BEGIN RECORDED DATA

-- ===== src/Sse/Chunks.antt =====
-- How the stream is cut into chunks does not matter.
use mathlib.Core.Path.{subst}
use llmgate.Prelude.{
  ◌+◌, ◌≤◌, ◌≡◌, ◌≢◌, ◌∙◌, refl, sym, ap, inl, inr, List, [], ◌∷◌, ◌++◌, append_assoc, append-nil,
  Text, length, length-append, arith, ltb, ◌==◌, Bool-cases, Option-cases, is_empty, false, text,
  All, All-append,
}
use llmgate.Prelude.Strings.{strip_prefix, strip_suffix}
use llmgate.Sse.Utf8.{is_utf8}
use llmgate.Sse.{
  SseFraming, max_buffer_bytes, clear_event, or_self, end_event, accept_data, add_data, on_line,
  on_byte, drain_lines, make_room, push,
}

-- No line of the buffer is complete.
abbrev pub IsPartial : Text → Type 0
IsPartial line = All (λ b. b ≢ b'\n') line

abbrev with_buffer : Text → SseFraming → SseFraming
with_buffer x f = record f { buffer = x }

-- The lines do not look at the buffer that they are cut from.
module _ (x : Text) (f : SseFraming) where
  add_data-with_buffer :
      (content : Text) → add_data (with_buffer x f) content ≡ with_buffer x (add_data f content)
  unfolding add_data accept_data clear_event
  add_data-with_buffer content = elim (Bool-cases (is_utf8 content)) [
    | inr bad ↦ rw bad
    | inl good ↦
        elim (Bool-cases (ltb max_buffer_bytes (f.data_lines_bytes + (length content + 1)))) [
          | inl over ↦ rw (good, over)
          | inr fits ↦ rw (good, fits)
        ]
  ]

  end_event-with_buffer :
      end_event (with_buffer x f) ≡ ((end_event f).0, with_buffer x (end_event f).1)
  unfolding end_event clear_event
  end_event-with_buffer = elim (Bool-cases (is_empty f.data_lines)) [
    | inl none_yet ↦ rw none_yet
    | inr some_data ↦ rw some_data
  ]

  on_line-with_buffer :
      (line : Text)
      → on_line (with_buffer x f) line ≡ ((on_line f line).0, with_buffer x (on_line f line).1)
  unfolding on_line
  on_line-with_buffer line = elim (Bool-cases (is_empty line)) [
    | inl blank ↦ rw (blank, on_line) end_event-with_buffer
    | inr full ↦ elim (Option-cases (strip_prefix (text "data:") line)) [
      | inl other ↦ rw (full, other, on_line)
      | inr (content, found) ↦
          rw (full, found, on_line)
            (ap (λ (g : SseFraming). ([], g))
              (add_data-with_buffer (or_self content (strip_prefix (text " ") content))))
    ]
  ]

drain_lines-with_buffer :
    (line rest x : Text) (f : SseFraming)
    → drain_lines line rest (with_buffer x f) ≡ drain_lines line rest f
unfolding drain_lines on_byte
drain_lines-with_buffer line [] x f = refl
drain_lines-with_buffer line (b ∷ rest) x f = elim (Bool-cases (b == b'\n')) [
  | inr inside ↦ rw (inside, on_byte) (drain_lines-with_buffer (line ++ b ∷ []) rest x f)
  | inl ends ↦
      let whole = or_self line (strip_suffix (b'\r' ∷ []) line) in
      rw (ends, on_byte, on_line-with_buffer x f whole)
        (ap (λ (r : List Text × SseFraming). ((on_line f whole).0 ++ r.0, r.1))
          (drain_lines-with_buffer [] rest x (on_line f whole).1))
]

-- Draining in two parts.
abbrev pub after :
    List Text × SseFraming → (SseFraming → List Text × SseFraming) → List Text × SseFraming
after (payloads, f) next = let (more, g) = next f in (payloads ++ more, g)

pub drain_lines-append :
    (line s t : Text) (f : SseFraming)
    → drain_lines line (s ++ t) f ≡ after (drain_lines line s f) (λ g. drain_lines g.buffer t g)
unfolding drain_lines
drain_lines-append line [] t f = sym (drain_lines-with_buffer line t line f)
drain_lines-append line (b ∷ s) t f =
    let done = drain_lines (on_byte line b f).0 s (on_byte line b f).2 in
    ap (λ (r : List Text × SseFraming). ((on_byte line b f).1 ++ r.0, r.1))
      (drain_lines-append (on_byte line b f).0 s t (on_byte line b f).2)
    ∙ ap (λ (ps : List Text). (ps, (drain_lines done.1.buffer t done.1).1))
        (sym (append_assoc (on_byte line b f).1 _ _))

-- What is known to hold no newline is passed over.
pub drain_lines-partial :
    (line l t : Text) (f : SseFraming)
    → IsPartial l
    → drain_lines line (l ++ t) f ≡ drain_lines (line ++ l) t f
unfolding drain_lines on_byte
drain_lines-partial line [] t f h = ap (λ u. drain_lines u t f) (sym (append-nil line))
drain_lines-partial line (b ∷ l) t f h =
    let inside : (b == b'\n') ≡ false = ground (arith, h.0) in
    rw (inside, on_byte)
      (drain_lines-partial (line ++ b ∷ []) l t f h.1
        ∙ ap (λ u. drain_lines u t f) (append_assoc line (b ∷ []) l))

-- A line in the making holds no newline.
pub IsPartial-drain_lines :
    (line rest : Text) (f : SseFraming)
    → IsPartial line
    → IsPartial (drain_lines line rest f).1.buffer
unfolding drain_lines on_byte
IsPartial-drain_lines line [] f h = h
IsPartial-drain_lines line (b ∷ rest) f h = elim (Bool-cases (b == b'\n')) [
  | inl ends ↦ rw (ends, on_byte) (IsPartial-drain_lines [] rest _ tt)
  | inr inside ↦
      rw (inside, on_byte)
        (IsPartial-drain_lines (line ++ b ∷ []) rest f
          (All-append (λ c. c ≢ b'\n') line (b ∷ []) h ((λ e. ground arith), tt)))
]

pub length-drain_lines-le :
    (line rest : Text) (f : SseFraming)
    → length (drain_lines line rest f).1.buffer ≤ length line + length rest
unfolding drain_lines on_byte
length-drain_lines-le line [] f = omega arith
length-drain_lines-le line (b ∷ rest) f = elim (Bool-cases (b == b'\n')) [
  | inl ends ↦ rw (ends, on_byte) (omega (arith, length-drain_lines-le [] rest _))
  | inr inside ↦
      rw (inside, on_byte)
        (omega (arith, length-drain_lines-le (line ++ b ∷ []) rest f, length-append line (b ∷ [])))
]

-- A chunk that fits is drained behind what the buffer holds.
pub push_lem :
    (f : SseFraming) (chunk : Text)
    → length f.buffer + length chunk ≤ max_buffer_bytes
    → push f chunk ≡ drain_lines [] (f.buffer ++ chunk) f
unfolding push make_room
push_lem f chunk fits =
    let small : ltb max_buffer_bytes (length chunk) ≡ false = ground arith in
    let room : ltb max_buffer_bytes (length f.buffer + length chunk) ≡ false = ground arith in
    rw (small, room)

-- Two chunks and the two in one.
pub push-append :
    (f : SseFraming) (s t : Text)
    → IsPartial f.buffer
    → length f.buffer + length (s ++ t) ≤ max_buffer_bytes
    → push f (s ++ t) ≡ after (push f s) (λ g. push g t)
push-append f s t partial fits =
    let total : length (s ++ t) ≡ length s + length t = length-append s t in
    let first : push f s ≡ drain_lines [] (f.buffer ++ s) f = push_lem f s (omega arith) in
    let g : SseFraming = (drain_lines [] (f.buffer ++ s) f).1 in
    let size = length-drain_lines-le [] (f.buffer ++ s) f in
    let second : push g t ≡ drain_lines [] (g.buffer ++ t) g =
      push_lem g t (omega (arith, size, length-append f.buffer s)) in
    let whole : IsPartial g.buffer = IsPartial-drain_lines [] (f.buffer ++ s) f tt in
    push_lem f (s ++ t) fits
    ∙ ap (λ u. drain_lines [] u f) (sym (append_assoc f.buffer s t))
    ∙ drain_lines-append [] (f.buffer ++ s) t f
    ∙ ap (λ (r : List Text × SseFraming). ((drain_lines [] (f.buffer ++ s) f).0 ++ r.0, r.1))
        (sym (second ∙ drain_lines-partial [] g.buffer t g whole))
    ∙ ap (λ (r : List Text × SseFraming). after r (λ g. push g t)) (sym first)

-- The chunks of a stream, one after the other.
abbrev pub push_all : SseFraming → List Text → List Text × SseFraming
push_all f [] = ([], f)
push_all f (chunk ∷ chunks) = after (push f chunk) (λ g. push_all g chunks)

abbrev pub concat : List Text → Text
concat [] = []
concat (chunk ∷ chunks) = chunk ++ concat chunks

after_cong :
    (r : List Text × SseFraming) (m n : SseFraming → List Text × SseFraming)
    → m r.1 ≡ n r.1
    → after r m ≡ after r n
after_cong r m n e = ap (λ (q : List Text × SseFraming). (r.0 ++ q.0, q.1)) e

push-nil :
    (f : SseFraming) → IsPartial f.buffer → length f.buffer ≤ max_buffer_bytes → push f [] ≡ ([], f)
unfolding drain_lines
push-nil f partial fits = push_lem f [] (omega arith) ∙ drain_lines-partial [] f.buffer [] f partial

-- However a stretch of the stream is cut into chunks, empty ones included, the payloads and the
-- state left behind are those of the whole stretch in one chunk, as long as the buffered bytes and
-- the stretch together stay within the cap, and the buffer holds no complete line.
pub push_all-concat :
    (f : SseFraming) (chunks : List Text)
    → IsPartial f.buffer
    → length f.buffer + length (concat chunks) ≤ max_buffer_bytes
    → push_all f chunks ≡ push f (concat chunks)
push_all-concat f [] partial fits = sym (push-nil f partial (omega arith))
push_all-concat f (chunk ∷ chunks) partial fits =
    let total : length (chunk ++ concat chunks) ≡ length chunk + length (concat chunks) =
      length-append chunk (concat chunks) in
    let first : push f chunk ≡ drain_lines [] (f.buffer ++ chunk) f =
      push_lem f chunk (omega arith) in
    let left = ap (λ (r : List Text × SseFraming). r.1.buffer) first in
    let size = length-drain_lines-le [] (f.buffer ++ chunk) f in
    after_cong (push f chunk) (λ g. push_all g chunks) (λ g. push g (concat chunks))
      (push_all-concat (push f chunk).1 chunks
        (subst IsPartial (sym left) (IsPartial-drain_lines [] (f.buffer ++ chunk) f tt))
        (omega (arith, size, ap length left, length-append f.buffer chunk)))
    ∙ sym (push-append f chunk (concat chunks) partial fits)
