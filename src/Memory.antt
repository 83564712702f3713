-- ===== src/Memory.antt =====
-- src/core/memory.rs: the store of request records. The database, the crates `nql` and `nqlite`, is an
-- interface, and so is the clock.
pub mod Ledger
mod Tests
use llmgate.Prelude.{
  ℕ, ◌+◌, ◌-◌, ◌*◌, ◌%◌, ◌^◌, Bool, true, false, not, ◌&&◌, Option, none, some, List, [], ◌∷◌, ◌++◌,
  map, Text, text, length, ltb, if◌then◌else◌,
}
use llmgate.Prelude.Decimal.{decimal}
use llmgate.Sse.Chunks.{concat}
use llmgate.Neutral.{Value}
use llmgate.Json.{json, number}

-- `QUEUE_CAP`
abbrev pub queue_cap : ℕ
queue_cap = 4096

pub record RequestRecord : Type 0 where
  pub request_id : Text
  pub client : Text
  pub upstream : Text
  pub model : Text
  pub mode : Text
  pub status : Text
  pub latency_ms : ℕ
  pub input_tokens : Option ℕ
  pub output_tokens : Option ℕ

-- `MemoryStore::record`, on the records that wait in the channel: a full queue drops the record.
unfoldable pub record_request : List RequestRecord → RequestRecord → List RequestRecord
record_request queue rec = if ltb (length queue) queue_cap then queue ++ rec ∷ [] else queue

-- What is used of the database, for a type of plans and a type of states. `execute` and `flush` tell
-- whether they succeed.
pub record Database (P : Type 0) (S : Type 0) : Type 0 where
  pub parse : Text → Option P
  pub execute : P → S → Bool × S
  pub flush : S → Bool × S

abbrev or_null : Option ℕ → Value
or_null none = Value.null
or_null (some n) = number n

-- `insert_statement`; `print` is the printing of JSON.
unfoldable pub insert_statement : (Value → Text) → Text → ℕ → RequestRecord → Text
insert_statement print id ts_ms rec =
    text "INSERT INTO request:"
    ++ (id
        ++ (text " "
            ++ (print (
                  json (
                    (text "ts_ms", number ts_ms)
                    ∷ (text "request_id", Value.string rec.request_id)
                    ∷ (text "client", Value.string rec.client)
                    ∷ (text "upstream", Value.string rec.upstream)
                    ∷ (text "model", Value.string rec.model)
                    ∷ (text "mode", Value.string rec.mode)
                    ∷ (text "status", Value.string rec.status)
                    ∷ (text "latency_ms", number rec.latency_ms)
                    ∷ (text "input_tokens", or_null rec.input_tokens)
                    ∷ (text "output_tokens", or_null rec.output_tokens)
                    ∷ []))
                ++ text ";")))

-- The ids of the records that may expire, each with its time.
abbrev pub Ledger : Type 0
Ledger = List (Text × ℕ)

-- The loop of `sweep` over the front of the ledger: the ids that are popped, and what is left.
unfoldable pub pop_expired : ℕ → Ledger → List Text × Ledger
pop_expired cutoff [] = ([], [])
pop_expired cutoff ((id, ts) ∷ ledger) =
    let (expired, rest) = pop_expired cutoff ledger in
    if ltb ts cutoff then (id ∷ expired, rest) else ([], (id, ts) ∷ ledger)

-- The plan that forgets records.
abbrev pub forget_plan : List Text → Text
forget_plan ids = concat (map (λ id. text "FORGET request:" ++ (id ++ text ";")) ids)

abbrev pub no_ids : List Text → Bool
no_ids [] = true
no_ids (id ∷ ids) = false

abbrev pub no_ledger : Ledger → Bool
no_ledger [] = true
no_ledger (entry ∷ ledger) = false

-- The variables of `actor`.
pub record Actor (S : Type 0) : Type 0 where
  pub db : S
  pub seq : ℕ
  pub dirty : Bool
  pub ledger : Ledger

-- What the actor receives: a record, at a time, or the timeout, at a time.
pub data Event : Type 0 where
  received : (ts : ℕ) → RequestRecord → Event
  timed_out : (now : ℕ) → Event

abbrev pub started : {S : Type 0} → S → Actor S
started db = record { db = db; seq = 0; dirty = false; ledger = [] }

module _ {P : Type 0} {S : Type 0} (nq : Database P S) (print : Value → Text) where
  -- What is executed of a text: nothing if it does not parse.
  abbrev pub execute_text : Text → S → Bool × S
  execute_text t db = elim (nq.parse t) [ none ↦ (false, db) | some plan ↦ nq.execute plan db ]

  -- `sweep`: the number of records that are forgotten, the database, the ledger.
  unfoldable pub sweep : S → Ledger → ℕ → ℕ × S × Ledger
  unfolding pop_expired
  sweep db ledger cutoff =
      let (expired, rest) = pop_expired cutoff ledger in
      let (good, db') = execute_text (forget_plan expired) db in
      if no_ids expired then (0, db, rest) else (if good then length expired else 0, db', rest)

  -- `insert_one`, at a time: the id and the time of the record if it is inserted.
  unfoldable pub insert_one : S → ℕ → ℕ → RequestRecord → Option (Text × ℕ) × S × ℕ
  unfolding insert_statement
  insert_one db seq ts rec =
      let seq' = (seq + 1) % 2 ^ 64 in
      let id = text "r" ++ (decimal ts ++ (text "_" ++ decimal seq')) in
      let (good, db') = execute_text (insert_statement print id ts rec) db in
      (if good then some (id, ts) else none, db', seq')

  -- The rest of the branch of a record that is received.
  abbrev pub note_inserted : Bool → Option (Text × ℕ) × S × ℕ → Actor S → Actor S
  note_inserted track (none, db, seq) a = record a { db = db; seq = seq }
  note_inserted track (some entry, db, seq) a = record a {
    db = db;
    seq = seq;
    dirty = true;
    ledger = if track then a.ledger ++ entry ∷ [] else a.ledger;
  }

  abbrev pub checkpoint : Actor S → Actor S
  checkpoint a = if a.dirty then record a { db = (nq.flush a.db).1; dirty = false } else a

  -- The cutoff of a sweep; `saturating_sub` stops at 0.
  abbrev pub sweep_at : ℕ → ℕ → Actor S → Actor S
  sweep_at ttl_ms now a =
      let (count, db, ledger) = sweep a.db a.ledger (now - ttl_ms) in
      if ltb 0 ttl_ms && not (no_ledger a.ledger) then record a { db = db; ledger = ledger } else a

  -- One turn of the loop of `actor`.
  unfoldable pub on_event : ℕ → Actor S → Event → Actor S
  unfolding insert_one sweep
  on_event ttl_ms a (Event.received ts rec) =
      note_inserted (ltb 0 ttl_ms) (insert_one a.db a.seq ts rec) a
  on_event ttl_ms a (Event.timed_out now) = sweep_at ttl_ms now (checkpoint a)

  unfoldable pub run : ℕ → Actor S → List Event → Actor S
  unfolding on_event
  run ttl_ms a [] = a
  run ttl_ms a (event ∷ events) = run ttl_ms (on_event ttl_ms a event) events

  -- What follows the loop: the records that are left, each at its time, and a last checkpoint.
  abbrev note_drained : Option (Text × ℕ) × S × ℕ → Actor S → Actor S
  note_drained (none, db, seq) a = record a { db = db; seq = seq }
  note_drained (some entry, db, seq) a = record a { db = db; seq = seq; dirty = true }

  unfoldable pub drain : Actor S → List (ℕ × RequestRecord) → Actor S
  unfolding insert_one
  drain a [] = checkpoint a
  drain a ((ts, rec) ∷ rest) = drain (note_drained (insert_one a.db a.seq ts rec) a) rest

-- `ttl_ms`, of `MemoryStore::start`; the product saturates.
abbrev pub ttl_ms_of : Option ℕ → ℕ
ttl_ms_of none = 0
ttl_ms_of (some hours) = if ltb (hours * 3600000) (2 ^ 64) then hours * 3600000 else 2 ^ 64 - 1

END RECORDED DATA

Which lines above run from the one containing "unfolding add_data accept_data clear_event" to the one containing "end_event (with_buffer x"? Give them again exactly, both ends included.

  unfolding add_data accept_data clear_event
  add_data-with_buffer content = elim (Bool-cases (is_utf8 content)) [
    | inr bad ↦ rw bad
    | inl good ↦
        elim (Bool-cases (ltb max_buffer_bytes (f.data_lines_bytes + (length content + 1)))) [
          | inl over ↦ rw (good, over)
          | inr fits ↦ rw (good, fits)
        ]
  ]

  end_event-with_buffer :
      end_event (with_buffer x f) ≡ ((end_event f).0, with_buffer x (end_event f).1)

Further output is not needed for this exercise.